◆ **Instructions to follow**:
Please count how many lines below contain the word "arith" and reply with only that number.

◆ **The data**:
──────

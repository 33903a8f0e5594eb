-- ===== src/Scheduler/Retry/Outcome.antt =====
-- workload_control.go: what UpdateWorkloadRetryOnFailure makes of a workload, and dueForRetry of it.
use persys_cloud.Prelude.{
  ℕ, ◌+◌, ◌≤◌, ◌<◌, String, ◌≡◌, refl, ◌⊎◌, inl, inr, true, false, Option, none, some, ltb, leb,
  nat_eq, arith, Bool-cases, Assoc,
}
use persys_cloud.Scheduler.Models.{Workload, MetaValue}
use persys_cloud.Scheduler.Services.{Formats}
use persys_cloud.Scheduler.Retry.{
  two_minutes, add_duration, retry_backoff, due_for_retry, metadata_timestamp, observed,
  in_grace_period, exhausted, scheduled_again, failed_at, with_max_attempts, retry_on_failure,
  apply_failure_reason,
}
use persys_cloud.Scheduler.Retry.Backoff.{retry_backoff_bounds}

module _ {F : Type 0} where
  -- The attempts that the workload may use.
  abbrev pub allowed : Workload F → ℕ
  allowed w = (with_max_attempts w).retry.max_attempts

  -- Of `limit` attempts none is left: the workload has failed and no retry is ever due.
  abbrev pub GivenUp : ℕ → Workload F → Type 0
  GivenUp limit v =
      (v.status ≡ "Failed") × (v.retry.attempts ≡ limit) × ((t : ℕ) → due_for_retry t v ≡ false)

  -- The workload waits, an attempt is left, and a retry is due two minutes after `now` at the latest.
  abbrev pub Waits : ℕ → ℕ → Workload F → Type 0
  Waits limit now v =
      (v.status ≡ "RetryPending")
      × (v.retry.attempts < limit)
      × (due_for_retry (now + two_minutes) v ≡ true)

  with_max_attempts-keeps :
      (w : Workload F) → (with_max_attempts w).retry.attempts ≡ w.retry.attempts
  unfolding with_max_attempts
  with_max_attempts-keeps w = elim (Bool-cases (nat_eq w.retry.max_attempts 0)) [
    | inl e ↦ rw e refl
    | inr e ↦ rw e refl
  ]

  -- A retry set for at most two minutes from now is due by then.
  due_for_retry-set :
      (limit now : ℕ) (v : Workload F)
      → 0 < now
      → v.retry.max_attempts ≡ limit
      → v.retry.attempts < limit
      → limit ≤ 33
      → v.retry.next_retry_at ≡ add_duration now (retry_backoff v.retry.attempts)
      → due_for_retry (now + two_minutes) v ≡ true
  unfolding due_for_retry
  due_for_retry-set limit now v pos max left small e =
      ground (arith, retry_backoff_bounds v.retry.attempts now (omega arith))

module _ ⦃T : Formats⦄ where
  observed-some :
      (now : ℕ) (m : Assoc MetaValue) (o : Option ℕ)
      → (observed now m o).0 + two_minutes ≤ now
      → (t : ℕ) × (o ≡ some t) × (t + two_minutes ≤ now)
  unfolding observed
  observed-some now m none le = absurd (omega arith)
  observed-some now m (some t) le = (t, refl, le)

module _ {F : Type 0} ⦃T : Formats⦄ where
  in_grace_period-Waits :
      (limit now until : ℕ) (reason : String) (v : Workload F)
      → 0 < now
      → v.retry.max_attempts ≡ limit
      → v.retry.attempts < limit
      → limit ≤ 33
      → Waits limit now (in_grace_period now until reason v)
  unfolding in_grace_period apply_failure_reason
  in_grace_period-Waits limit now until reason v pos max left small =
      let fewer : (in_grace_period now until reason v).retry.attempts < limit = ground arith in
      (refl, fewer, due_for_retry-set limit now _ pos max fewer small refl)

  exhausted-GivenUp :
      (limit now : ℕ) (reason : String) (v : Workload F)
      → v.retry.max_attempts ≡ limit
      → v.retry.attempts < limit
      → leb v.retry.max_attempts (v.retry.attempts + 1) ≡ true
      → GivenUp limit (exhausted now reason v)
  unfolding exhausted apply_failure_reason due_for_retry
  exhausted-GivenUp limit now reason v max left last = (refl, ground arith, λ t. ground arith)

  scheduled_again-Waits :
      (limit now : ℕ) (reason : String) (v : Workload F)
      → 0 < now
      → v.retry.max_attempts ≡ limit
      → leb v.retry.max_attempts (v.retry.attempts + 1) ≡ false
      → limit ≤ 33
      → Waits limit now (scheduled_again now reason v)
  unfolding scheduled_again apply_failure_reason
  scheduled_again-Waits limit now reason v pos max more small =
      let fewer : (scheduled_again now reason v).retry.attempts < limit = ground arith in
      (refl, fewer, due_for_retry-set limit now _ pos max fewer small refl)

  failed_at_cases :
      (limit now : ℕ) (reason : String) (w : Workload F) (x : ℕ × Assoc MetaValue)
      → 0 < now
      → w.retry.max_attempts ≡ limit
      → w.retry.attempts < limit
      → limit ≤ 33
      → GivenUp limit (failed_at now reason w x).0 ⊎ Waits limit now (failed_at now reason w x).0
  unfolding failed_at
  failed_at_cases limit now reason w (first, m) pos max left small =
      elim (Bool-cases (ltb now (first + two_minutes))) [
        | inl e ↦ rw e (
            inr (
              in_grace_period-Waits limit now _ reason (record w { metadata = m }) pos max left
                small))
        | inr e ↦ elim (Bool-cases (leb w.retry.max_attempts (w.retry.attempts + 1))) [
          | inl l ↦
              rw (e, l)
                (inl (exhausted-GivenUp limit now reason (record w { metadata = m }) max left l))
          | inr l ↦
              rw (e, l)
                (inr (
                  scheduled_again-Waits limit now reason (record w { metadata = m }) pos max l
                    small))
        ]
      ]

  -- A failure of a workload that has an attempt left, where at most 33 are allowed: either the last
  -- attempt is used up, the workload is Failed and no retry is ever due, or it is RetryPending with an
  -- attempt left, and a retry is due within two minutes.
  pub retry_on_failure_cases :
      (now : ℕ) (reason : String) (w : Workload F)
      → 0 < now
      → w.retry.attempts < allowed w
      → allowed w ≤ 33
      → GivenUp (allowed w) (retry_on_failure now reason w).0
        ⊎ Waits (allowed w) now (retry_on_failure now reason w).0
  unfolding retry_on_failure
  retry_on_failure_cases now reason w pos left small =
      failed_at_cases (allowed w) now reason (with_max_attempts w) _ pos refl
        (rw (with_max_attempts-keeps w) left) small

  failed_at-Failed :
      (now : ℕ) (reason : String) (w : Workload F) (x : ℕ × Assoc MetaValue)
      → (failed_at now reason w x).0.status ≡ "Failed"
      → x.0 + two_minutes ≤ now
  unfolding failed_at in_grace_period apply_failure_reason
  failed_at-Failed now reason w (first, m) h = elim (Bool-cases (ltb now (first + two_minutes))) [
    | inl e ↦ absurd (cc (rw e at h))
    | inr e ↦ ground arith
  ]

  -- A failure that UpdateWorkloadRetryOnFailure records makes a workload Failed only when the first
  -- failure was seen two minutes ago or earlier.
  pub retry_on_failure-Failed :
      (now : ℕ) (reason : String) (w : Workload F)
      → (retry_on_failure now reason w).0.status ≡ "Failed"
      → (t : ℕ) × (metadata_timestamp w.metadata "failureObservedAt" ≡ some t)
        × (t + two_minutes ≤ now)
  unfolding retry_on_failure
  retry_on_failure-Failed now reason w h =
      observed-some now w.metadata _ (failed_at-Failed now reason (with_max_attempts w) _ h)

──────

◆ **Response area**:
7